Thursday, April 13, 2017

Young ANC leader defies Israel-apartheid comparisons, sees his political future doomed

 

By   April 10, 2017, Times of Israel

Comparing Israel to apartheid South Africa is all the rage again. A United Nations agency recently published (and the United Nations secretary general rejected) a report accusing the Jewish state of having “established an apartheid regime that dominates the Palestinian people as a whole.” Campuses around the world are currently marking Israel Apartheid Week to “raise awareness of Israel’s apartheid system.”

The question of whether today’s Israel is akin to the old South Africa was forcefully rejected by former anti-apartheid activist Benjamin Pogrund in an op-ed in The New York Times last week, once more triggering passionate discussion over the question.

The African National Congress, Nelson Mandela’s revolutionary movement currently rules the country, endorses the Israel-apartheid comparison.
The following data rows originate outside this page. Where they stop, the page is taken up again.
-- ===== src/CueOrder/Steps.antt =====
-- What a nudge (`nudge` of crates/cuepool-gui/src/cue_order.rs) steps over, and the list behind it.
use cue_pool.Base.{
  ℕ, suc, ◌+◌, ◌≤◌, ◌≡◌, ap, sym, ◌∙◌, Bool, true, false, Option, none, some, List, ◌++◌, ◌⊎◌,
  arith, length, drop, take, get_elem?, if◌then◌else◌,
}
use cue_pool.Cue.{Cue, parent, is_group}
use cue_pool.CueOrder.{Range, span, move_span, far_end, parent_at}
use cue_pool.CueOrder.Exchanges.{rows_of, in_order, move_span-down, move_span-up}
use cue_pool.CueOrder.Groups.{Block}

-- The result is the list with two neighbouring runs of rows in the other order: `own` came first and is
-- nudged down, or came second and is nudged up.
unfoldable pub Exchanged : Bool → List Cue → Range → Range → List Cue → Type 0
Exchanged true cues own over result =
    (own.end ≡ over.start)
    × (cues
        ≡ take own.start cues ++ (rows_of cues own ++ (rows_of cues over ++ drop over.end cues)))
    × (result
        ≡ take own.start cues ++ (rows_of cues over ++ (rows_of cues own ++ drop over.end cues)))
Exchanged false cues own over result =
    (over.end ≡ own.start)
    × (cues
        ≡ take over.start cues ++ (rows_of cues over ++ (rows_of cues own ++ drop own.end cues)))
    × (result
        ≡ take over.start cues ++ (rows_of cues own ++ (rows_of cues over ++ drop own.end cues)))

-- The row directly behind a block or in front of it, and that there is none.
abbrev pub Beside : Bool → Range → ℕ → Type 0
Beside true own n = own.end ≡ n
Beside false own n = own.start ≡ suc n

abbrev pub AtEdge : Bool → List Cue → Range → Type 0
AtEdge true cues own = length cues ≤ own.end
AtEdge false cues own = own.start ≡ 0

-- Row `n` is a member of the group `q`, and no group.
unfoldable pub Member : ℕ → List Cue → ℕ → Type 0
Member q cues n =
    (d : Cue) × (get_elem? cues n ≡ some d) × (parent d ≡ some q) × (is_group d ≡ false)

-- What a cue with this parent may step over at row `n`: a member steps over one member of its own group,
-- a cue that is in no group over the whole block that the row stands in.
unfoldable pub Past : Option ℕ → List Cue → ℕ → Range → Type 0
Past (some q) cues n over = Member q cues n × (over ≡ record { start = n; end = n + 1 })
Past none cues n over = Block cues n over

-- The rows of the cue, a group with its members, have changed places with what it may step over.
pub record Stepped (cues : List Cue) (idx : ℕ) (down : Bool) (result : List Cue) : Type 0 where
  pub cue : Cue
  pub at : get_elem? cues idx ≡ some cue
  pub row : ℕ
  pub beside : Beside down (span cues idx) row
  pub over : Range
  pub past : Past (parent cue) cues row over
  pub exchanged : Exchanged down cues (span cues idx) over result

-- There is no such cue, no row beside it, or it is a member and the row beside it is none of its group.
unfoldable pub Stuck : List Cue → ℕ → Bool → Type 0
Stuck cues idx down =
    (length cues ≤ idx)
    ⊎ (AtEdge down cues (span cues idx)
        ⊎ ((q : ℕ) × (n : ℕ) × (parent_at cues idx ≡ some q)
            × Beside down (span cues idx) n
            × (¬ Member q cues n)))

unfoldable pub Nudged : List Cue → ℕ → Bool → List Cue × Bool → Type 0
Nudged cues idx down (result, false) = (result ≡ cues) × Stuck cues idx down
Nudged cues idx down (result, true) = Stepped cues idx down result

pub move_span-Exchanged :
    (cues : List Cue) (own over : Range) (down : Bool)
    → own.start ≤ own.end
    → over.start ≤ over.end
    → own.end ≤ length cues
    → over.end ≤ length cues
    → (if down then own.end else over.end) ≡ (if down then over.start else own.start)
    → Exchanged down cues own over (move_span cues own (far_end down over))
unfolding Exchanged
move_span-Exchanged cues own over true a b i j e = (
  e,
  in_order cues own.start own.end over.end a (omega arith) j
      ∙ ap
          (λ x.
            take own.start cues
            ++ (rows_of cues own
                ++ (rows_of cues (record { start = x; end = over.end }) ++ drop over.end cues)))
          e,
  move_span-down cues own.start own.end over.end a (omega arith) j
      ∙ ap
          (λ x.
            take own.start cues
            ++ (rows_of cues (record { start = x; end = over.end })
                ++ (rows_of cues own ++ drop over.end cues)))
          e,
)
move_span-Exchanged cues own over false a b i j e =
    let f = sym e in
    (
      e,
      in_order cues over.start own.start own.end (omega arith) a i
          ∙ ap
              (λ x.
                take over.start cues
                ++ (rows_of cues (record { start = over.start; end = x })
                    ++ (rows_of cues own ++ drop own.end cues)))
              f,
      move_span-up cues over.start own.start own.end (omega arith) a i
          ∙ ap
              (λ x.
                take over.start cues
                ++ (rows_of cues own
                    ++ (rows_of cues (record { start = over.start; end = x })
                        ++ drop own.end cues)))
              f,
    )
In 2012, ANC chairperson and former South African deputy president Baleka Mbete accused the Jewish state of being “far worse than Apartheid South Africa.”

But in recent months, a growing number of young black South Africans — including members of the ANC’s youth division — have visited Israel and now forcefully reject the parallels drawn between the racist regime under which their parents suffered and the current reality for Palestinian Arabs — in Israel, the West Bank and Gaza. Prominent among them is Nkululeko Nkosi, a 23-year-old member of the ANC Youth League.
“Precisely because we South Africans know intimately what apartheid involved, we have a duty to question whether it is an appropriate term to be used in the context of the Israeli-Palestinian conflict,” Nkosi wrote in a recent article for a pamphlet published by “Africans for Peace,” a group trying to change the narrative about the Israeli-Palestinian conflict. “Put simply, because nobody knows the pain of apartheid better than we do, we are able to guide the rest of the world on when to describe a situation using that term and when to avoid doing so.”

Nkosi, who hails from Kathlehong township in Johannesburg and recently obtained an undergraduate degree in law, went on to argue that apartheid was about race, while the Israeli-Palestinian conflict encompasses both religious and territorial disputes.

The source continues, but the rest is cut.